Showtimes and trailer

"Bad News Bears," with Billy Bob Thornton, Greg Kinnear, Marcia Gay Harden, Sammi Kane Kraft, Jeffrey Davies. Directed by Richard Linklater, from a screenplay by Bill Lancaster, Glenn Ficarra

and John Requa, based on the 1976 film written by Lancaster. 111 minutes. Rated PG-13 for rude behavior and language throughout, some sexuality and thematic elements. Several theaters.

Bad news for "Bad News Bears"? No, just mediocre. Richard Linklater's remake isn't any worse than the 1976 kids-talking-dirty baseball comedy "The Bad News Bears," but it certainly isn't any better, either. And while the screenplay has been slightly updated to the new millennium (the team's a bit more diverse, and I don't think Hooters was around in '76), it's really not all that different. All this adds up to a passable film that has no particular reason to exist.

The original film, which starred Walter Matthau as a washed-up alcoholic ballplayer who finds himself coaching a ragtag kids' team, was a big hit, spawning two lackluster sequels. In those days before political correctness, it was mildly shocking (and thrilling for kids who watched it — myself included) to hear 12-year-olds use raunchy language and racial slurs, and to see them matter-of-factly drinking beer.

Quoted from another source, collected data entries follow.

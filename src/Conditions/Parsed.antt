-- ===== src/Conditions/Parsed.antt =====
-- internal/kubernetes/conditions.go: what ParseConditions accepts, and the rate limits that follow.
use draino.Prelude.{
  ◌≡◌, refl, String, false, List, [], ◌∷◌, Option, none, some, if◌then◌else◌, str_eq, ℤ, Dict,
  lookup, insert, lookup-insert, map, arith, Bool-cases, inl, inr, All, ap, subst,
}
use draino.K8s.{Duration}
use draino.RateLimiters.{Configuration, TokenBucket, TypedLimiter, or_default, new_limiter}
use draino.Utils.Inject.{or_else}
use draino.Conditions.{
  RawCondition, ParseLib, ParsedCondition, supplied_of, with_durations, condition_of_raw,
  condition_of_parts, parse_condition, add_condition, parse_conditions, add_rate_limits,
  get_rate_limit_configuration,
}

some_inj : {A : Type 0} {a b : A} → some a ≡ some b → a ≡ b
some_inj {a = a} h = ap (λ o. elim o [ none ↦ a | some x ↦ x ]) h

module _ {Rate : Type 0} (lib : ParseLib Rate) where
  abbrev pub HasStatus : ParsedCondition Rate → Type 0
  HasStatus c = str_eq c.supplied.status "" ≡ false

  supplied_of-HasStatus :
      (kind : String) (raw : RawCondition Rate) (delay expected : Duration)
      → HasStatus (supplied_of lib kind raw delay expected)
  unfolding supplied_of
  supplied_of-HasStatus kind raw delay expected = elim (Bool-cases (str_eq raw.status "")) [
    | inl e ↦ rw e refl
    | inr e ↦ rw (e, e) refl
  ]

  with_durations-HasStatus :
      (kind : String) (raw : RawCondition Rate) (delay expected : Option Duration)
      → (c : ParsedCondition Rate) → with_durations lib kind raw delay expected ≡ some c
      → HasStatus c
  unfolding with_durations
  with_durations-HasStatus kind raw none expected c h = absurd (ground (arith, h))
  with_durations-HasStatus kind raw (some delay) none c h = absurd (ground (arith, h))
  with_durations-HasStatus kind raw (some delay) (some expected) c h =
      subst HasStatus (some_inj h) (supplied_of-HasStatus kind raw delay expected)

  condition_of_raw-HasStatus :
      (kind : String) (raw : Option (RawCondition Rate)) (c : ParsedCondition Rate)
      → condition_of_raw lib kind raw ≡ some c
      → HasStatus c
  unfolding condition_of_raw
  condition_of_raw-HasStatus kind none c h = absurd (ground (arith, h))
  condition_of_raw-HasStatus kind (some raw) c h = with_durations-HasStatus kind raw _ _ c h

  parts-HasStatus :
      (whole : String) (parts : Option (String × String)) (c : ParsedCondition Rate)
      → condition_of_parts lib whole parts ≡ some c
      → HasStatus c
  unfolding condition_of_parts
  parts-HasStatus whole none c h = condition_of_raw-HasStatus whole (lib.unmarshal "{}") c h
  parts-HasStatus whole (some (kind, json)) c h =
      condition_of_raw-HasStatus kind (lib.unmarshal json) c h

  add-inv :
      (c : Option (ParsedCondition Rate)) (rest : Option (List (ParsedCondition Rate)))
      → (ps : List (ParsedCondition Rate)) → add_condition lib c rest ≡ some ps
      → (p : ParsedCondition Rate) × (qs : List (ParsedCondition Rate)) × (c ≡ some p)
        × (rest ≡ some qs)
        × (p ∷ qs ≡ ps)
  unfolding add_condition
  add-inv none rest ps h = absurd (ground (arith, h))
  add-inv (some c) none ps h = absurd (ground (arith, h))
  add-inv (some c) (some cs) ps h = (c, cs, refl, refl, some_inj h)

  -- If the texts are accepted, each gives the condition at its place, and every condition has a
  -- status to compare with.
  parse_conditions-each :
      (cs : List String) (ps : List (ParsedCondition Rate))
      → parse_conditions lib cs ≡ some ps
      → (map some ps ≡ map (parse_condition lib) cs) × All HasStatus ps
  unfolding parse_conditions
  parse_conditions-each [] ps h = subst Accepted (some_inj h) (refl, tt)
    where
      Accepted : List (ParsedCondition Rate) → Type 0
      Accepted qs = (map some qs ≡ []) × All HasStatus qs
  parse_conditions-each (c ∷ cs) ps h =
      let (p, qs, here, rest, e) = add-inv _ _ ps h in
      let (each, statuses) = parse_conditions-each cs qs rest in
      subst (λ l. (map some l ≡ map (parse_condition lib) (c ∷ cs)) × All HasStatus l) e
        (rw (here, each) refl, (unfold parse_condition in parts-HasStatus c _ p here, statuses))

abbrev pub qps_of : {Rate : Type 0} → Option (Configuration Rate ℤ) → Option Rate
qps_of none = none
qps_of (some c) = c.qps

abbrev pub burst_of : {Rate : Type 0} → Option (Configuration Rate ℤ) → Option ℤ
burst_of none = none
burst_of (some c) = c.burst

-- The configuration of the last condition of a type.
unfoldable pub last_rate_limit :
    {Rate : Type 0} → String → List (ParsedCondition Rate) → Option (Configuration Rate ℤ)
last_rate_limit key [] = none
last_rate_limit key (c ∷ cs) = elim (last_rate_limit key cs) [
  | some limit ↦ some limit
  | none ↦ if str_eq c.supplied.kind key then some c.rate_limit else none
]

add_rate_limits-last :
    {Rate : Type 0} (key : String) (cs : List (ParsedCondition Rate))
    → (m : Dict (Configuration Rate ℤ))
    → lookup key (add_rate_limits cs m) ≡ or_else (last_rate_limit key cs) (lookup key m)
unfolding add_rate_limits last_rate_limit
add_rate_limits-last key [] m = refl
add_rate_limits-last key (c ∷ cs) m = ground (
  arith,
  add_rate_limits-last key cs (insert c.supplied.kind c.rate_limit m),
  lookup-insert c.supplied.kind key c.rate_limit m,
)

-- With the limits of the conditions, the limiter that is made for a type has the rate and the burst
-- of the last condition of this type, and the defaults for what that condition leaves out, or for
-- both where no condition has the type.
pub new_limiter-of_conditions :
    {Rate Limiter : Type 0} (lib : TokenBucket Rate ℤ Limiter) (l : TypedLimiter Rate ℤ Limiter)
    → (cs : List (ParsedCondition Rate)) (key : String)
    → l.rl_configs ≡ get_rate_limit_configuration cs
    → new_limiter lib l key
      ≡ lib.new
          (or_default (qps_of (last_rate_limit key cs)) l.default_qps)
          (or_default (burst_of (last_rate_limit key cs)) l.default_burst)
unfolding new_limiter get_rate_limit_configuration or_default lookup
new_limiter-of_conditions lib l cs key h = ground (arith, h, add_rate_limits-last key cs [])
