-- ===== src/Base/Dict.antt =====
-- A JavaScript `Map` with string keys, as its entries in the order of insertion.
use Prim.Native.String.{String}
use mathlib.Core.Path.{◌≡◌, refl}
use mathlib.Core.Option.{Option, none, some}
use mathlib.Core.List.{List, [], ◌∷◌}
use native.Mathlib.Omega.{arith}
use text.Mathlib.Text.{◌==◌}
use text.Mathlib.TextEquality.{eq_iff}
use pocket_dev.Base.Comparisons.{if◌then◌else◌, Bool-cases}
use mathlib.Core.Logic.{inl, inr}

abbrev pub Dict {ℓ} : Type ℓ → Type ℓ
Dict V = List (String × V)

module _ {ℓ} {V : Type ℓ} where
  -- `map.get(k)`
  unfoldable pub get : String → Dict V → Option V
  get k [] = none
  get k ((j, v) ∷ m) = if j == k then some v else get k m

  -- `map.set(k, v)`: a key that is there keeps its place.
  unfoldable pub put : String → V → Dict V → Dict V
  put k v [] = (k, v) ∷ []
  put k v ((j, w) ∷ m) = if j == k then (k, v) ∷ m else (j, w) ∷ put k v m

  -- `object[k] = v` on a plain object, for a value that is an object: the name `__proto__` sets the
  -- object's prototype, and makes no entry.
  unfoldable pub assign : String → V → Dict V → Dict V
  unfolding put
  assign k v m = if k == "__proto__" then m else put k v m

  -- `map.delete(k)`
  unfoldable pub erase : String → Dict V → Dict V
  erase k [] = []
  erase k ((j, w) ∷ m) = let rest = erase k m in if j == k then rest else (j, w) ∷ rest

  -- No key stands twice, as in every `Map`.
  abbrev pub IsDistinct : Dict V → Type ℓ
  IsDistinct [] = Unit
  IsDistinct ((k, v) ∷ m) = (get k m ≡ none) × IsDistinct m

  pub get-put :
      (k j : String) (v : V) (m : Dict V) → get j (put k v m) ≡ (if k == j then some v else get j m)
  unfolding get put
  get-put k j v [] = refl
  get-put k j v ((i, w) ∷ m) = ground (arith, eq_iff k j, eq_iff i k, eq_iff i j, get-put k j v m)

  pub get-assign :
      (k j : String) (v : V) (m : Dict V)
      → get j (assign k v m)
        ≡ (if k == "__proto__" then get j m else if k == j then some v else get j m)
  unfolding assign
  get-assign k j v m = elim (Bool-cases (k == "__proto__")) [
    | inl e ↦ rw e refl
    | inr e ↦ rw e (get-put k j v m)
  ]

  pub get-erase :
      (k j : String) (m : Dict V) → get j (erase k m) ≡ (if k == j then none else get j m)
  unfolding get erase
  get-erase k j [] = ground arith
  get-erase k j ((i, w) ∷ m) = ground (arith, eq_iff k j, eq_iff i k, eq_iff i j, get-erase k j m)

  pub put-IsDistinct : (k : String) (v : V) (m : Dict V) → IsDistinct m → IsDistinct (put k v m)
  unfolding get put
  put-IsDistinct k v [] h = (refl, tt)
  put-IsDistinct k v ((j, w) ∷ m) h = elim (Bool-cases (j == k)) [
    | inl e ↦ rw e (rw ((eq_iff j k).0 e) at h)
    | inr e ↦
        rw e
          (ground (arith, get-put k j v m, eq_iff k j, eq_iff j k, h.0), put-IsDistinct k v m h.1)
  ]

  pub assign-IsDistinct :
      (k : String) (v : V) (m : Dict V) → IsDistinct m → IsDistinct (assign k v m)
  unfolding assign
  assign-IsDistinct k v m h = elim (Bool-cases (k == "__proto__")) [
    | inl e ↦ rw e h
    | inr e ↦ rw e (put-IsDistinct k v m h)
  ]

  pub erase-IsDistinct : (k : String) (m : Dict V) → IsDistinct m → IsDistinct (erase k m)
  unfolding erase
  erase-IsDistinct k [] h = tt
  erase-IsDistinct k ((j, w) ∷ m) h = elim (Bool-cases (j == k)) [
    | inl e ↦ rw e (erase-IsDistinct k m h.1)
    | inr e ↦ rw e (ground (arith, get-erase k j m, h.0), erase-IsDistinct k m h.1)
  ]

  pub erase-absent : (k : String) (m : Dict V) → get k m ≡ none → erase k m ≡ m
  unfolding get erase
  erase-absent k [] h = refl
  erase-absent k ((j, w) ∷ m) h = ground (arith, erase-absent k m)
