-- ===== src/Sync/Manifest.antt =====
-- File manifests (packages/shared/src/sync-protocol.ts) and their difference (`computeDiff` of
-- server/src/sync/sync.gateway.ts).
pub mod Diff
use pocket_dev.Base.{
  ℕ, String, Bool, true, false, not, ◌||◌, Option, none, some, List, [], ◌∷◌, ◌==◌, if◌then◌else◌,
  any, is_some,
}
use pocket_dev.Base.Dict.{Dict, get}

pub record FileManifestEntry : Type 0 where
  pub path : String
  pub size : ℕ
  pub mtime_ms : ℕ
  pub hash : String

-- A `Record` keyed by path, in the order of `Object.entries`.
abbrev pub FileManifest : Type 0
FileManifest = Dict FileManifestEntry

pub record ManifestDiff : Type 0 where
  pub changed : List String
  pub removed : List String

-- The members that every object inherits: `path in client` holds for them too.
abbrev inherited : List String
inherited =
    "constructor" ∷ "toString" ∷ "toLocaleString" ∷ "valueOf" ∷ "hasOwnProperty" ∷ "isPrototypeOf"
    ∷ "propertyIsEnumerable" ∷ "__proto__" ∷ "__defineGetter__" ∷ "__defineSetter__"
    ∷ "__lookupGetter__" ∷ "__lookupSetter__" ∷ []

unfoldable pub is_inherited : String → Bool
is_inherited path = any (λ name. name == path) inherited

-- `path in client`
unfoldable pub is_in : String → FileManifest → Bool
is_in path client = is_some (get path client) || is_inherited path

-- `!prev || prev.hash !== entry.hash`. An inherited member has no hash, which differs as a missing
-- entry does.
abbrev pub differs : Option FileManifestEntry → FileManifestEntry → Bool
differs none entry = true
differs (some prev) entry = not (prev.hash == entry.hash)

unfoldable pub changed_paths : FileManifest → FileManifest → List String
changed_paths server [] = []
changed_paths server ((path, entry) ∷ client) =
    let rest = changed_paths server client in
    if differs (get path server) entry then path ∷ rest else rest

unfoldable pub removed_paths : FileManifest → FileManifest → List String
removed_paths [] client = []
removed_paths ((path, entry) ∷ server) client =
    let rest = removed_paths server client in if not (is_in path client) then path ∷ rest else rest

unfoldable pub compute_diff : FileManifest → FileManifest → ManifestDiff
unfolding changed_paths removed_paths
compute_diff server client = record {
  changed = changed_paths server client;
  removed = removed_paths server client;
}
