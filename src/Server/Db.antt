-- ===== src/Server/Db.antt =====
-- The database (server/prisma/schema.prisma) as tables of rows, with the columns that the services
-- read or write. Times are milliseconds, and ids are
-- drawn by the database: a row that is created takes its id as an argument.
use pocket_dev.Base.{
  ℕ, String, Text, ◌≡◌, refl, Bool, Option, none, some, List, [], ◌∷◌, ◌++◌, arith, eq_iff, ◌==◌,
  leb, if◌then◌else◌,
}
use pocket_dev.Worker.Events.{Tier, JobStatus, ExecutionTarget, SessionStatus, RunCommandJobData}
use pocket_dev.Sync.Manifest.{FileManifest}

pub record User : Type 0 where
  pub id : String
  pub email : String
  pub password_hash : String
  pub name : Option String
  pub tier : Tier

pub record Job : Type 0 where
  pub id : String
  pub project_id : String
  pub user_id : String
  pub command : Text
  pub status : JobStatus
  pub target : ExecutionTarget
  pub queue_job_id : Option String
  pub exit_code : Option ℕ
  pub created_at : ℕ
  pub started_at : Option ℕ
  pub finished_at : Option ℕ

pub record Session : Type 0 where
  pub id : String
  pub job_id : Option String
  pub project_id : String
  pub user_id : String
  pub target : ExecutionTarget
  pub status : SessionStatus
  pub container_id : Option String
  pub started_at : ℕ
  pub ended_at : Option ℕ

pub record Subscription : Type 0 where
  pub user_id : String
  pub tier : Tier
  pub status : String
  pub quota_jobs_per_day : ℕ
  pub jobs_used_today : ℕ
  pub quota_reset_at : ℕ

pub record DesktopPresence : Type 0 where
  pub user_id : String
  pub online : Bool
  pub tunnel_url : Option String
  pub last_heartbeat : ℕ

pub record Project : Type 0 where
  pub id : String
  pub user_id : String
  pub name : Text
  pub slug : Text
  pub description : Option Text
  pub manifest : Option FileManifest
  pub last_synced_at : Option ℕ

pub record Db : Type 0 where
  pub users : List User
  pub projects : List Project
  pub jobs : List Job
  pub sessions : List Session
  pub subscriptions : List Subscription
  pub presences : List DesktopPresence

module _ {ℓ} {R : Type ℓ} where
  -- `findUnique({ where: { key: k } })`
  unfoldable pub find_unique : (R → String) → String → List R → Option R
  find_unique key k [] = none
  find_unique key k (r ∷ rows) = if key r == k then some r else find_unique key k rows

  -- `updateMany({ where, data })`
  unfoldable pub update_many : (R → Bool) → (R → R) → List R → List R
  update_many p f [] = []
  update_many p f (r ∷ rows) = (if p r then f r else r) ∷ update_many p f rows

  abbrev pub update_if : (R → Bool) → (R → R) → Option R → Option R
  update_if p f none = none
  update_if p f (some r) = some (if p r then f r else r)

  -- An update that keeps the key is seen by a later read of the same key.
  pub find-update :
      (key : R → String) (k : String) (p : R → Bool) (f : R → R) (rows : List R)
      → ((r : R) → key (f r) ≡ key r)
      → find_unique key k (update_many p f rows) ≡ update_if p f (find_unique key k rows)
  unfolding find_unique update_many
  find-update key k p f [] keep = refl
  find-update key k p f (r ∷ rows) keep = ground (arith, keep r, find-update key k p f rows keep)

  -- What is found by a key has that key.
  pub find_unique-key :
      (key : R → String) (k : String) (rows : List R) {r : R}
      → find_unique key k rows ≡ some r
      → key r ≡ k
  unfolding find_unique
  find_unique-key key k [] h = absurd (cc h)
  find_unique-key key k (q ∷ rows) {r} h =
      ground (arith, eq_iff (key q) k, find_unique-key key k rows {r = r})

  -- An update by the key reaches the row of that key.
  pub find-update_key :
      (key : R → String) (k : String) (f : R → R) (rows : List R) {r : R}
      → ((q : R) → key (f q) ≡ key q)
      → find_unique key k rows ≡ some r
      → find_unique key k (update_many (λ q. key q == k) f rows) ≡ some (f r)
  find-update_key key k f rows {r} keep h = ground (
    arith,
    find-update key k (λ q. key q == k) f rows keep,
    eq_iff (key r) k,
    find_unique-key key k rows h,
  )

  -- A new row is found by a key that no row had.
  pub find-append_new :
      (key : R → String) (new : R) (rows : List R)
      → find_unique key (key new) rows ≡ none
      → find_unique key (key new) (rows ++ new ∷ []) ≡ some new
  unfolding find_unique
  find-append_new key new [] e = ground (arith, eq_iff (key new) (key new))
  find-append_new key new (r ∷ rows) e = ground (arith, find-append_new key new rows)

module _ {ℓ} {R : Type ℓ} where
  abbrev insert_desc : (R → ℕ) → R → List R → List R
  insert_desc key r [] = r ∷ []
  insert_desc key r (q ∷ rows) =
      let rest = insert_desc key r rows in if leb (key q) (key r) then r ∷ q ∷ rows else q ∷ rest

  -- `orderBy: { key: 'desc' }`; rows of one key stay in the table's order.
  unfoldable pub order_desc : (R → ℕ) → List R → List R
  order_desc key [] = []
  order_desc key (r ∷ rows) = insert_desc key r (order_desc key rows)

abbrev pub find_job : String → Db → Option Job
find_job id db = find_unique (λ (j : Job). j.id) id db.jobs

abbrev pub find_session : String → Db → Option Session
find_session id db = find_unique (λ (s : Session). s.id) id db.sessions

abbrev pub update_jobs : (Job → Bool) → (Job → Job) → Db → Db
update_jobs p f db = record db { jobs = update_many p f db.jobs }

abbrev pub update_sessions : (Session → Bool) → (Session → Session) → Db → Db
update_sessions p f db = record db { sessions = update_many p f db.sessions }

-- The server's state: the database, the kill signals it published and the jobs it put in the queue.
pub record QueuedJob : Type 0 where
  pub payload : RunCommandJobData
  pub priority : ℕ
  pub queue_id : String

pub record Api : Type 0 where
  pub db : Db
  pub signals : List String
  pub queue : List QueuedJob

Linklater's new version, updated by screenwriters Glenn Ficarra and John Requa (from Bill Lancaster's original script), straddles a difficult line: The language remains offensive, but in a different way.

In 2005, apparently, racial slurs no longer fly, but homosexual epithets sneak in (from the mouth of young Tanner, a cheerfully foul towhead). The beer is now nonalcoholic, except for those constantly swigged by Billy Bob Thornton in the Matthau role; the cigarettes are gone, and the most shocking moment is one in which all the kids pile into Thornton's car to go for a ride, without seatbelts.

By the standards of the original, Linklater's film is a creampuff, but parents should note the PG-13 rating; This isn't a Disney movie.

What remains is a by-the-book underdog sports story, and while it's occasionally got a nice sunniness to it, there's a perfunctory feel to the proceedings, as if it was slapped together in a hurry.

A subplot about a former girlfriend of the coach has no payoff, and the kids pop on and off, delivering their lines but never really registering. Linklater proved, with "School of Rock," that he can do terrific work with kids, but he seems to be coasting here.

He's one of the busiest directors around (this is his fifth theatrical release since 2001), and perhaps that schedule is catching up with him; this film feels rushed and indistinct.

But Thornton is as vivid as ever; an agreeable loser wryly tossing out his lines like lazy pop flies, letting them hang in the air.

To a kid who wonders what to tell his strict father about the team's pathetic record, Thornton cheerfully tells him to lie, reminding the kid, "This is America."

If you missed "The Bad News Bears" the first time around, this one might be worth catching just for Thornton; otherwise, it's just extra innings on a game that's already played out.